阿婷少女心事,總對着婚姻情愛有着美好的幻想,讓她聽聽也好。
這樁婚事,這個驸馬,于她而言就是一塊難撕的爛狗皮,貼在身上腐爛發臭,狠心撕掉又會鮮血淋漓。
男女情事,往往到了最後便是如此。
“李華盈!春娘我罰也罰了,孩子也沒了,你為什麼還是對我的父母死死相逼!”
聞笙當然知道,即使寶華公主發話讓她們聽,她們當然也不能夠明目張膽杵在原地,于是連忙拉着呆住的慕容婷躲到了屏風後。
“我們趙家乃是大梁開國功勳,是世代的天子近臣,到了如今僅我這一支,殿下往後子嗣艱難,我趙氏便是有妾又如何?”
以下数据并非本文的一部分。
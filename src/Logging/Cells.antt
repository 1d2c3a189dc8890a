-- ===== src/Logging/Cells.antt =====
-- How positions of the ring and cells of its array correspond (src/logging.c).
use ninit.Prelude.{
  ℕ, zero, suc, ◌+◌, ◌-◌, ◌<◌, ◌≤◌, ◌≡◌, refl, sym, ap, ◌∙◌, subst, ◌⊎◌, inl, inr, if_keeps,
  Bool-cases, List, [], ◌∷◌, ◌++◌, take, take-append-drop, length-take, length-drop, drop, map,
  length, range, update, update_self, update_ne, arith, ltb,
}
use ninit.Logging.{Ring, copy_to, offset, segment, ring_get, add64}

pub add64-small : (x n : ℕ) → x + n < 18446744073709551616 → add64 x n ≡ x + n
add64-small x n l = omega arith

offset_plus : (at i : ℕ) → offset at + i < 131072 → offset (at + i) ≡ offset at + i
offset_plus at i l = omega arith

offset_wraps :
    (at i : ℕ) → 131072 ≤ offset at + i → i < 131072 → offset (at + i) + 131072 ≡ offset at + i
offset_wraps at i l m = omega arith

offset_apart : (p q : ℕ) → p < q → q < p + 131072 → ¬ (offset p ≡ offset q)
offset_apart p q l m e = absurd (omega arith)

pub segment-le : (at n : ℕ) → (segment at n ≤ n) × (offset at + segment at n ≤ 131072)
segment-le at n = (ground arith, ground arith)

pub segment-positive : (at n : ℕ) → 0 < n → 0 < segment at n
segment-positive at n l =
    if_keeps (λ k. 0 < k) (ltb n (131072 - offset at)) _ _ (λ _. l) (λ _. omega arith)

-- Only the end of the array cuts a segment.
pub segment-rest : (at n : ℕ) → segment at n < n → offset at + segment at n ≡ 131072
segment-rest at n =
    if_keeps (λ k. k < n → offset at + k ≡ 131072) (ltb n (131072 - offset at)) _ _
      (λ _ l. absurd (omega arith)) (λ _ l. omega arith)

-- A copy leaves the cells outside of it.
copy_to-outside :
    (s : List ℕ) (b : ℕ → ℕ) (off j : ℕ)
    → (j < off) ⊎ (off + length s ≤ j)
    → copy_to b off s j ≡ b j
unfolding copy_to
copy_to-outside [] b off j h = refl
copy_to-outside (x ∷ xs) b off j h =
    copy_to-outside xs (update b off x) (off + 1) j (grind arith)
    ∙ update_ne b off x (λ e. grind arith)

-- A copy is read back.
map-copy_to : (s : List ℕ) (b : ℕ → ℕ) (off : ℕ) → map (copy_to b off s) (range off (length s)) ≡ s
unfolding copy_to
map-copy_to [] b off = refl
map-copy_to (x ∷ xs) b off =
    rw
      (
        copy_to-outside xs (update b off x) (off + 1) off (inl (omega arith)),
        update_self b off x,
        map-copy_to xs (update b off x) (off + 1),
      )
      refl

pub map-agree :
    (f g : ℕ → ℕ) (a b n : ℕ)
    → ((i : ℕ) → i < n → f (a + i) ≡ g (b + i))
    → map f (range a n) ≡ map g (range b n)
map-agree f g a b zero h = refl
map-agree f g a b (suc n) h =
    let here : f a ≡ g b = grind (arith, h 0 (omega arith)) in
    rw (here, map-agree f g (a + 1) (b + 1) n (λ i l. grind (arith, h (i + 1) (omega arith))))

map-append :
    (f : ℕ → ℕ) (a m n : ℕ) → map f (range a (m + n)) ≡ map f (range a m) ++ map f (range (a + m) n)
map-append f a zero n =
    let none_before : 0 + n ≡ n = omega arith in
    let here : a + 0 ≡ a = omega arith in rw (none_before, here) refl
map-append f a (suc m) n =
    let one_more : suc m + n ≡ suc (m + n) = omega arith in
    let next : a + suc m ≡ a + 1 + m = omega arith in
    rw (one_more, next, map-append f (a + 1) m n) refl

-- the n bytes at the positions from at on
abbrev pub view : (ℕ → ℕ) → ℕ → ℕ → List ℕ
view b at n = map (λ p. b (offset p)) (range at n)

pub view-append :
    (b : ℕ → ℕ) (at k n : ℕ) → k ≤ n → view b at n ≡ view b at k ++ view b (at + k) (n - k)
view-append b at k n l =
    let whole : n ≡ k + (n - k) = omega arith in
    ap (view b at) whole ∙ map-append (λ p. b (offset p)) at k (n - k)

-- Positions in one stretch of the array are its cells in a row.
pub view-cells :
    (b : ℕ → ℕ) (at k : ℕ) → offset at + k ≤ 131072 → map b (range (offset at) k) ≡ view b at k
view-cells b at k l =
    map-agree b (λ p. b (offset p)) (offset at) at k
      (λ i m. ap b (sym (offset_plus at i (omega arith))))

pub drop-view : (b : ℕ → ℕ) (at k n : ℕ) → k ≤ n → drop k (view b at n) ≡ view b (at + k) (n - k)
drop-view b at zero n l =
    let here : at ≡ at + 0 = omega arith in
    let all : n ≡ n - 0 = omega arith in ap (λ a. view b a n) here ∙ ap (view b (at + 0)) all
drop-view b at (suc k) zero l = absurd (omega arith)
drop-view b at (suc k) (suc n) l =
    let here : at + 1 + k ≡ at + suc k = omega arith in
    let left : n - k ≡ suc n - suc k = omega arith in
    drop-view b (at + 1) k n (omega arith)
    ∙ ap (λ a. view b a (n - k)) here
    ∙ ap (view b (at + suc k)) left

pub take-view : (b : ℕ → ℕ) (at k n : ℕ) → k ≤ n → take k (view b at n) ≡ view b at k
take-view b at zero n l = refl
take-view b at (suc k) zero l = absurd (omega arith)
take-view b at (suc k) (suc n) l = rw (take-view b (at + 1) k n (omega arith))

pub length-view : (b : ℕ → ℕ) (at n : ℕ) → length (view b at n) ≡ n
length-view b at zero = refl
length-view b at (suc n) = omega (arith, length-view b (at + 1) n)

pub ring_get-view : (r : Ring) (at n : ℕ) → n ≤ 131072 → ring_get r at n ≡ view r.bytes at n
unfolding ring_get
ring_get-view r at n l =
    let le = segment-le at n in
    let k = segment at n in
    let second =
      map-agree r.bytes (λ p. r.bytes (offset p)) 0 (at + k) (n - k)
        (λ i m. ap r.bytes (omega (arith, le, m, segment-rest at n (omega arith), l))) in
    rw (view-cells r.bytes at k le.1, second) (sym (view-append r.bytes at k n le.0))

-- Where the new text wraps, it ends before the bytes that stay.
wrapped_end :
    (head p n k : ℕ)
    → p < head
    → head + n ≤ p + 131072
    → k ≤ n
    → (k < n → offset head + k ≡ 131072)
    → n - k ≤ offset p
wrapped_end head p n k l m le full = elim (Bool-cases (ltb k n)) [
  | inl e ↦ let at_end = full (grind (arith, e)) in omega (arith, l, m, at_end)
  | inr e ↦ grind (arith, e)
]

wrapped_room : (off n k : ℕ) → n ≤ 131072 → k ≤ n → (k < n → off + k ≡ 131072) → n - k ≤ off
wrapped_room off n k fits le full = elim (Bool-cases (ltb k n)) [
  | inl e ↦ let at_end = full (grind (arith, e)) in omega (arith, fits, at_end)
  | inr e ↦ grind (arith, e)
]

-- the array after ring_put's two copies
abbrev pub written : (ℕ → ℕ) → ℕ → List ℕ → ℕ → ℕ
written b head s =
    let k = segment head (length s) in copy_to (copy_to b (offset head) (take k s)) 0 (drop k s)

module _ (b : ℕ → ℕ) (head : ℕ) (s : List ℕ) (fits : length s ≤ 131072) where
  outside :
      (p k : ℕ)
      → p < head
      → head + length s ≤ p + 131072
      → k ≤ length s
      → offset head + k ≤ 131072
      → length (take k s) ≡ k
      → (offset p < offset head) ⊎ (offset head + length (take k s) ≤ offset p)
  outside p k l m le end few = elim (Bool-cases (ltb (offset p) (offset head))) [
    | inl e ↦ inl (grind (arith, e))
    | inr e ↦
        inr
          (let le2 : offset head ≤ offset p = grind (arith, e) in omega (arith, le2, l, m, le, few))
  ]

  -- Positions that the new text does not overtake keep their bytes.
  pub written-before :
      (p : ℕ) → p < head → head + length s ≤ p + 131072 → written b head s (offset p) ≡ b (offset p)
  written-before p l m =
      let le = segment-le head (length s) in
      let few = length-take (segment head (length s)) s le.0 in
      let end =
        wrapped_end head p (length s) (segment head (length s)) l m le.0
          (segment-rest head (length s)) in
      copy_to-outside (drop (segment head (length s)) s) _ 0 (offset p)
        (inr (omega (arith, length-drop (segment head (length s)) s, end)))
      ∙ copy_to-outside (take (segment head (length s)) s) b (offset head) (offset p)
          (outside p (segment head (length s)) l m le.0 le.1 few)

  -- The new text is read back.
  pub view-written : view (written b head s) head (length s) ≡ s
  unfolding ring_get
  view-written =
      let k = segment head (length s) in
      let le = segment-le head (length s) in
      let inner = copy_to b (offset head) (take k s) in
      let clear : length s - k ≤ offset head =
        wrapped_room (offset head) (length s) k fits le.0 (segment-rest head (length s)) in
      let first =
        map-agree (written b head s) inner (offset head) (offset head) k (λ i m.
          copy_to-outside (drop k s) inner 0 (offset head + i)
            (inr (omega (arith, length-drop k s, clear))))
        ∙ subst (λ c. map inner (range (offset head) c) ≡ take k s) (length-take k s le.0)
            (map-copy_to (take k s) b (offset head)) in
      let second =
        subst (λ c. map (written b head s) (range 0 c) ≡ drop k s) (length-drop k s)
          (map-copy_to (drop k s) inner 0) in
      let r : Ring = record { bytes = written b head s; head = head; tail = head } in
      sym (ring_get-view r head (length s) fits) ∙ rw (first, second) (take-append-drop k s)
“此次便算是我着急,是我的過錯,我也打掉了春娘的孩子,也罰了她,你還要如何?難道要我殺了春娘,和我一雙父母在你面前三跪九叩緻歉嗎!!”
趙複銘怒氣沖沖地摔門進來,站在階下仇視着寶華公主。
而寶華無悲無喜,隻是平靜的看着他;“非诏而入言語沖撞,趙複銘,這是罪。”
“除了以權壓我,殿下有什麼手段呢?呵,我早早聽聞寶華公主蠻橫專斷,如今看來傳言不假。”
寶華公主并不理會這些嘲諷的話,定定地看了他一眼,随即旋身入坐,道:“你對本宮還有什麼不滿,今日便一并說了吧。”
屏風後面,聞笙捂住慕容婷的嘴,将憤怒地要沖出去打人的慕容婷拽了回來。
“你冷靜些,這事說到底是他們二人之間的事情,你沖出去替公主殿下把人打一頓也找不到這矛盾的源頭,不如聽他們把話說開也好,也好知道症結在何處。”
慕容婷還要向前沖,聞笙在她耳邊低聲說道:“弄清楚了緣由,殿下往後要和離,七娘你也能有所幫襯。”
慕容婷聽了這話果真冷靜下來,扒着屏風的邊緣,探頭探腦的聽着。
“其一,殿下身為女子,不僅不恭順賢良,反而兇蠻善妒,春娘有孕期間數次落水皆為殿下所害,她一介弱質女流,不比殿下身強力壯,可殿下加害于她卻從不承認,草菅人命目下無人。”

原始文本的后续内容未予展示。